ACTION ITEM: The lines wanted are those in the data below that include "kept".

Dataset entries:
= = = = = = =

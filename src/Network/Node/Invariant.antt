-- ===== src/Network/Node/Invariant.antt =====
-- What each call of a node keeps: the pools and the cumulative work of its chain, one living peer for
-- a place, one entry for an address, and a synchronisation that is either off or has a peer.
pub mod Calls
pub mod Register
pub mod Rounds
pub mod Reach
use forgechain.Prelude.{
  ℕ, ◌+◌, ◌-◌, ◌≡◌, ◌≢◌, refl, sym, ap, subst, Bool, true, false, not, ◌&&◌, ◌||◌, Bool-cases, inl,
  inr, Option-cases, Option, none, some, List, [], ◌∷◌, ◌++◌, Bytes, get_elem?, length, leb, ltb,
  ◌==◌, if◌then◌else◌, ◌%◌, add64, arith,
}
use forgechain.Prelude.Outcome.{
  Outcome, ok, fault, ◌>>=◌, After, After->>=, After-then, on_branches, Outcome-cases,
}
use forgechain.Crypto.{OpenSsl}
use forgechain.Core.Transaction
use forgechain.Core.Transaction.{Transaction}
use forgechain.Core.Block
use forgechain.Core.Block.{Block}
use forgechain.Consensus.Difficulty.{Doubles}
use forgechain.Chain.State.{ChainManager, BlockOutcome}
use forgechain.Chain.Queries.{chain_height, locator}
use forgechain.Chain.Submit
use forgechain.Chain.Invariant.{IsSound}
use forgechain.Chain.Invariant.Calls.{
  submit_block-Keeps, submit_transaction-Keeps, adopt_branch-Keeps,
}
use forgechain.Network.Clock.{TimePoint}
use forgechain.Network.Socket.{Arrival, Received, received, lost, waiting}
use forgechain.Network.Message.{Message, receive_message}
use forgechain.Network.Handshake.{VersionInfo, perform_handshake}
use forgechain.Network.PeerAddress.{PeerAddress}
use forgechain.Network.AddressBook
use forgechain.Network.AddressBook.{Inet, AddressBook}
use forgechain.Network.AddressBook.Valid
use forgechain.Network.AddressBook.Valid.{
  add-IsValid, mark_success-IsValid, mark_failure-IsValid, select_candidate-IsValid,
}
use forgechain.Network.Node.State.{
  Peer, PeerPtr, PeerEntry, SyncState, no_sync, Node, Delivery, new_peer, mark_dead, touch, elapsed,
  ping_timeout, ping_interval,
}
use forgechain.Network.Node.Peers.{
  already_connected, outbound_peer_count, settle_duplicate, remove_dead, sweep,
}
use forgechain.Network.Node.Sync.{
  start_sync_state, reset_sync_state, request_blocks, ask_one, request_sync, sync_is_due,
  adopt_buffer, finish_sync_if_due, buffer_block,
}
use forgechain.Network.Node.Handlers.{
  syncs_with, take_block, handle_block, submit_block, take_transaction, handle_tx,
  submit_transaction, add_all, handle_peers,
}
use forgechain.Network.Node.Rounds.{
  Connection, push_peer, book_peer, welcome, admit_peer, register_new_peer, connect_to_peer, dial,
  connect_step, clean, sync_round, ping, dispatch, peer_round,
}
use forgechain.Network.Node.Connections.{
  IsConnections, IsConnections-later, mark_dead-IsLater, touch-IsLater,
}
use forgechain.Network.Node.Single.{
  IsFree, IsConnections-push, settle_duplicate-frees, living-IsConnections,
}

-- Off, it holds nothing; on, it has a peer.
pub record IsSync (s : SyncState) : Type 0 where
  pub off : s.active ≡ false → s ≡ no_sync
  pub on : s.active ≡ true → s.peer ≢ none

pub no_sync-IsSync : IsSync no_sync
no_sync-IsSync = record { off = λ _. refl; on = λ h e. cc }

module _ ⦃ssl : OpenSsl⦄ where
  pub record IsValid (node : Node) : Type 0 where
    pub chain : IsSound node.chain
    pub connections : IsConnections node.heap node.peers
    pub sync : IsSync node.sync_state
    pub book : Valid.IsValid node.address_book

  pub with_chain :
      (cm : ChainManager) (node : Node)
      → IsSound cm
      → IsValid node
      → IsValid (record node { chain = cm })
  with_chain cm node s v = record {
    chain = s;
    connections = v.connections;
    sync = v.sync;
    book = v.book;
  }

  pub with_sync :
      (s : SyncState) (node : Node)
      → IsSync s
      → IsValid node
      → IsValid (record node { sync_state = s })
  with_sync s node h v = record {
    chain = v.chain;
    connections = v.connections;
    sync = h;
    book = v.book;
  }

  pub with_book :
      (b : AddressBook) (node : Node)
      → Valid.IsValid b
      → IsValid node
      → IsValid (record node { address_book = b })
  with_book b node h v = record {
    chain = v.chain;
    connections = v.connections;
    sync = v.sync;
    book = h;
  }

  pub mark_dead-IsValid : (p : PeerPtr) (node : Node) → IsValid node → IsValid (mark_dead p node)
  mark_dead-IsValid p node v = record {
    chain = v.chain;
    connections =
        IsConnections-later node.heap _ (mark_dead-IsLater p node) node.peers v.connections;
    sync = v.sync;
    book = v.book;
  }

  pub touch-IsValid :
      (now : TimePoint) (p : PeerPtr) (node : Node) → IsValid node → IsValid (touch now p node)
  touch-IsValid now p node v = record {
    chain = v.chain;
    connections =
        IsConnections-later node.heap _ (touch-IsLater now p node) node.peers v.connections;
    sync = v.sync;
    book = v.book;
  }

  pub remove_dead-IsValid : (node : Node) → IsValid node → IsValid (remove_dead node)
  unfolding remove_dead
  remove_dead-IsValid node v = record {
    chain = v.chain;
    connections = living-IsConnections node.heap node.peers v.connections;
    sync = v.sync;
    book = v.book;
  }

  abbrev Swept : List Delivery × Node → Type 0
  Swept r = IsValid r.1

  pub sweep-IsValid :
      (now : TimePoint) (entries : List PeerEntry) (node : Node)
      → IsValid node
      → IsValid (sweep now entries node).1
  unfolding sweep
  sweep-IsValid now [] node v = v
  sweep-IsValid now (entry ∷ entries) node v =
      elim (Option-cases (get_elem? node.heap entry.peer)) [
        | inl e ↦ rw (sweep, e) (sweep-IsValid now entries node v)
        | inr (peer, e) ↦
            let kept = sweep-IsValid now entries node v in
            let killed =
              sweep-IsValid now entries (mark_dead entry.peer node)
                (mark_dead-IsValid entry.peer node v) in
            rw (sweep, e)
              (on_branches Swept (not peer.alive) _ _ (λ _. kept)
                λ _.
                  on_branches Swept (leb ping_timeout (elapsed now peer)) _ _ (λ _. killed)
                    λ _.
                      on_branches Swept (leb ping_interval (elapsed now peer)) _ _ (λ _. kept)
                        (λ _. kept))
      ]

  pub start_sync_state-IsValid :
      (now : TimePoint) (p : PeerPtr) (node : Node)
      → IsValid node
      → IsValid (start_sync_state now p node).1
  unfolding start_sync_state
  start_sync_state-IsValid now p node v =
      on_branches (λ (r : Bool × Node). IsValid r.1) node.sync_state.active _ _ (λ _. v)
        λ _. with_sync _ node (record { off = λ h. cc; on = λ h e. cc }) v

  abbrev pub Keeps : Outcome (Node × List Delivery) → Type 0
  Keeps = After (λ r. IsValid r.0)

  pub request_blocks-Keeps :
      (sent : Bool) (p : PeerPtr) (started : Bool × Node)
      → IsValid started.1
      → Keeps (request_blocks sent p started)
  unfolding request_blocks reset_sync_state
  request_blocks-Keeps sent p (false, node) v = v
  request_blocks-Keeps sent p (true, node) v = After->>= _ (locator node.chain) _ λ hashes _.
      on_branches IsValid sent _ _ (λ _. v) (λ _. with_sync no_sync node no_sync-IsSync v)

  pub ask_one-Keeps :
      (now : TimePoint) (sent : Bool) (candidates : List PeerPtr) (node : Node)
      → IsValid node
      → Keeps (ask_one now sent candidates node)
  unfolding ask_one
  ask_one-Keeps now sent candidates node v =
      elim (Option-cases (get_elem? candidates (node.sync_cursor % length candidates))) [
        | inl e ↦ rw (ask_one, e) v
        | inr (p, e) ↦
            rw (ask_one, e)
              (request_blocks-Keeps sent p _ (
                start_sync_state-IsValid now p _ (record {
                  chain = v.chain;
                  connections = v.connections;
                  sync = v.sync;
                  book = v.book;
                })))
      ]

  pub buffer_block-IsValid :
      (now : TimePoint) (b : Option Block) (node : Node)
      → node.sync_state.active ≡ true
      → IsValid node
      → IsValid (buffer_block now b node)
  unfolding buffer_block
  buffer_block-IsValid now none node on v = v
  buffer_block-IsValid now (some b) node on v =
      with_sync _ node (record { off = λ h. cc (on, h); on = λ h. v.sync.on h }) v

= = = = = = =

TASK ANSWER:
            let kept = sweep-IsValid now entries node v in
              (on_branches Swept (not peer.alive) _ _ (λ _. kept)
                      on_branches Swept (leb ping_interval (elapsed now peer)) _ _ (λ _. kept)
                        (λ _. kept))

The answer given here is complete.